ASSIGNMENT: Under this line are the records; write out word for word the part that begins at the line containing "ite_of_eq u v x y e = ground arith" and ends at the line containing "index_of c [] = none", and no more.

RECORDS SHOWN:
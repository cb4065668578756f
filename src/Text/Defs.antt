-- ===== src/Text/Defs.antt =====
-- `std::string` as a list of character codes: `find`, `substr`, `std::to_string`, `std::stoi`, and
-- `SplitString` of main/CoapServer.cpp.
use Prim.Native.Char.{code}
use Prim.Native.String.{String}
use matter_lwm2m_bridge.Base.{
  ℕ, zero, suc, ◌+◌, ◌-◌, ◌*◌, ◌/◌, ◌%◌, ◌≡◌, ◌≢◌, refl, Bool, true, false, ◌&&◌, ◌||◌, Option,
  none, some, List, [], ◌∷◌, ◌++◌, ltb, leb, ◌==◌, if◌then◌else◌, length, take, drop, ℤ, pos,
  negsuc, fits_int32, Result, ok, err, Fault, ℕ_discrete, All,
}
use mathlib.Core.Option
use mathlib.Core.Logic.{ite}
use native.Mathlib.Omega.{arith}

abbrev pub Bytes : Type 0
Bytes = List ℕ

-- The codes of a literal; these are its bytes, since the source's literals are ASCII.
abbrev pub codes : String → Bytes
codes String.[] = []
codes (String.◌∷◌ c s) = code c ∷ codes s

unfoldable pub Bytes_discrete : Discrete Bytes
unfolding ℕ_discrete
Bytes_discrete = hlevel ℕ_discrete

-- A choice by the comparison of two texts, once it is known.
pub ite_of_eq : (u v : Bytes) {A : Type 0} (x y : A) → u ≡ v → ite (Bytes_discrete u v) x y ≡ x
ite_of_eq u v x y e = ground arith

pub ite_of_ne : (u v : Bytes) {A : Type 0} (x y : A) → u ≢ v → ite (Bytes_discrete u v) x y ≡ y
ite_of_ne u v x y e = ground arith

abbrev pub slash : ℕ
slash = b'/'

-- A text in which a character does not occur.
abbrev pub Lacks : ℕ → Bytes → Type 0
Lacks c = All (λ d. d ≢ c)

-- The position of the first `c`.
unfoldable pub index_of : ℕ → Bytes → Option ℕ
index_of c [] = none
index_of c (d ∷ s) = if d == c then some 0 else Option.map suc (index_of c s)

-- `s.find(c, start)`, with `none` for `npos`.
unfoldable pub find_char : Bytes → ℕ → ℕ → Option ℕ
unfolding index_of
find_char s c start = Option.map (λ i. start + i) (index_of c (drop start s))

-- `s.substr(start, n)` and `s.substr(start)`, for `start` within the text.
unfoldable pub substr : Bytes → ℕ → ℕ → Bytes
substr s start n = take n (drop start s)

unfoldable pub substr_from : Bytes → ℕ → Bytes
substr_from s start = drop start s

-- The `while` loop of `SplitString`: `start` is behind the last delimiter found. A round is made
-- for each delimiter and one for the last token, so the length of the text and one is enough fuel.
unfoldable pub split_loop : ℕ → Bytes → ℕ → ℕ → List Bytes → List Bytes
unfolding find_char substr substr_from
split_loop zero s delimiter start tokens = tokens
split_loop (suc fuel) s delimiter start tokens = elim (find_char s delimiter start) [
  | none ↦ tokens ++ substr_from s start ∷ []
  | some end ↦ split_loop fuel s delimiter (end + 1) (tokens ++ substr s start (end - start) ∷ [])
]

unfoldable pub split_string : Bytes → ℕ → List Bytes
unfolding split_loop
split_string s delimiter = split_loop (length s + 1) s delimiter 0 []

-- The digits of a number, the last one first on `out`; a number has no more digits than its value
-- and one.
unfoldable pub decimal_loop : ℕ → ℕ → Bytes → Bytes
decimal_loop zero n out = out
decimal_loop (suc fuel) n out =
    let rest = decimal_loop fuel (n / 10) ((b'0' + n % 10) ∷ out) in
    if ltb n 10 then (b'0' + n) ∷ out else rest

unfoldable pub decimal : ℕ → Bytes
unfolding decimal_loop
decimal n = decimal_loop (n + 1) n []

-- `std::to_string` of an `int`.
unfoldable pub to_string : ℤ → Bytes
unfolding decimal
to_string (pos n) = decimal n
to_string (negsuc n) = b'-' ∷ decimal (n + 1)

-- `isspace` and `isdigit` of the "C" locale.
unfoldable pub is_space : ℕ → Bool
is_space c = (c == 32) || (leb 9 c && leb c 13)

unfoldable pub is_digit : ℕ → Bool
is_digit c = leb b'0' c && leb c b'9'

-- The longest prefix of digits, behind the number `n` that the digits before it spell.
unfoldable pub read_digits : Bytes → ℕ → ℕ
unfolding is_digit
read_digits [] n = n
read_digits (c ∷ s) n =
    let more = read_digits s (n * 10 + (c - b'0')) in if is_digit c then more else n

-- The value behind a sign, in the range of an `int`. No digit is `std::invalid_argument`, a value
-- out of range is `std::out_of_range`.
unfoldable pub read_signed : Bool → Bytes → Result ℤ
unfolding is_digit read_digits
read_signed minus [] = err Fault.invalid_argument
read_signed minus (c ∷ s) =
    let n = read_digits (c ∷ s) 0 in
    let v = if minus then (if n == 0 then pos 0 else negsuc (n - 1)) else pos n in
    if is_digit c
    then (if fits_int32 v then ok v else err Fault.out_of_range)
    else err Fault.invalid_argument

unfoldable pub read_sign : Bytes → Result ℤ
unfolding read_signed
read_sign [] = err Fault.invalid_argument
read_sign (c ∷ s) =
    if c == b'-'
    then read_signed true s
    else if c == b'+'
    then read_signed false s
    else read_signed false (c ∷ s)

-- `std::stoi(s)`: leading white space, a sign, digits; what follows the digits is not read.
unfoldable pub stoi : Bytes → Result ℤ
unfolding is_space read_sign
stoi [] = err Fault.invalid_argument
stoi (c ∷ s) = let rest = stoi s in if is_space c then rest else read_sign (c ∷ s)

test_split : split_string (codes "3311/0/5850") slash ≡ codes "3311" ∷ codes "0" ∷ codes "5850" ∷ []
unfolding split_string
test_split = refl

test_split_edges : split_string (codes "/a/") slash ≡ [] ∷ codes "a" ∷ [] ∷ []
unfolding split_string
test_split_edges = refl

test_to_string : (to_string (pos 0) ≡ codes "0") × (to_string (negsuc 41) ≡ codes "-42")
unfolding to_string
test_to_string = (refl, refl)

test_stoi :
    (stoi (codes " -42x") ≡ ok (negsuc 41))
    × (stoi (codes "x") ≡ err Fault.invalid_argument)
    × (stoi (codes "2147483648") ≡ err Fault.out_of_range)
    × (stoi (codes "-2147483648") ≡ ok (negsuc 2147483647))
unfolding stoi
test_stoi = (refl, refl, refl, refl)
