-- ===== src/Text.antt =====
-- Text of the bridge: the standard library's `std::string` operations that the source uses, and
-- `SplitString` of main/CoapServer.cpp.
mod Defs
pub mod Split
pub mod Decimal
pub use Defs.{ite_of_eq, ite_of_ne, Bytes, codes, slash, Lacks}
unfoldable pub use Defs.{
  Bytes_discrete, index_of, find_char, substr, substr_from, decimal, to_string, stoi, split_string,
}
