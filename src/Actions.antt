-- ===== src/Actions.antt =====
-- The read access to the Actions cluster in main/DeviceCallbacks.cpp.
use matter_lwm2m_bridge.Base.{ℕ, Option, none, some, ◌==◌, if◌then◌else◌}
use matter_lwm2m_bridge.Text.{Bytes, codes}

-- The ids that the Matter SDK generates.
pub record ActionsIds : Type 0 where
  pub actions : ℕ
  pub action_list : ℕ
  pub endpoint_lists : ℕ
  pub setup_url : ℕ
  pub cluster_revision : ℕ

-- What an encoder is given.
pub data Encoded : Type 0 where
  empty_list : Encoded
  char_span : Bytes → Encoded
  number : ℕ → Encoded

-- What a read does: it fails a check that ends the program, or it returns an error of the encoder,
-- `none` for `CHIP_NO_ERROR`, with what was encoded.
pub data ReadResult : Type 0 where
  died : ReadResult
  returned : Option ℕ → Option Encoded → ReadResult

abbrev pub actions_cluster_revision : ℕ
actions_cluster_revision = 1

-- `encode` is the error that the encoder answers.
module _ (ids : ActionsIds) (encode : Encoded → Option ℕ) where
  abbrev encoded : Encoded → ReadResult
  encoded value = returned (encode value) (some value)

  unfoldable pub read_action_list_attribute : ℕ → ReadResult
  read_action_list_attribute endpoint = encoded empty_list

  unfoldable pub read_endpoint_list_attribute : ℕ → ReadResult
  read_endpoint_list_attribute endpoint = encoded empty_list

  unfoldable pub read_setup_url_attribute : ℕ → ReadResult
  read_setup_url_attribute endpoint = encoded (char_span (codes "https://example.com"))

  unfoldable pub read_cluster_revision : ℕ → ReadResult
  read_cluster_revision endpoint = encoded (number actions_cluster_revision)

  -- `ActionsAttrAccess::Read`, at an endpoint, a cluster and an attribute.
  unfoldable pub read : ℕ → ℕ → ℕ → ReadResult
  unfolding read_action_list_attribute read_endpoint_list_attribute read_setup_url_attribute
      read_cluster_revision
  read endpoint cluster_id attribute_id =
      if cluster_id == ids.actions
      then (if attribute_id == ids.action_list
          then read_action_list_attribute endpoint
          else if attribute_id == ids.endpoint_lists
          then read_endpoint_list_attribute endpoint
          else if attribute_id == ids.setup_url
          then read_setup_url_attribute endpoint
          else if attribute_id == ids.cluster_revision
          then read_cluster_revision endpoint
          else returned none none)
      else died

SOLVED PROBLEM:
ite_of_eq u v x y e = ground arith

pub ite_of_ne : (u v : Bytes) {A : Type 0} (x y : A) → u ≢ v → ite (Bytes_discrete u v) x y ≡ y
ite_of_ne u v x y e = ground arith

abbrev pub slash : ℕ
slash = b'/'

-- A text in which a character does not occur.
abbrev pub Lacks : ℕ → Bytes → Type 0
Lacks c = All (λ d. d ≢ c)

-- The position of the first `c`.
unfoldable pub index_of : ℕ → Bytes → Option ℕ
index_of c [] = none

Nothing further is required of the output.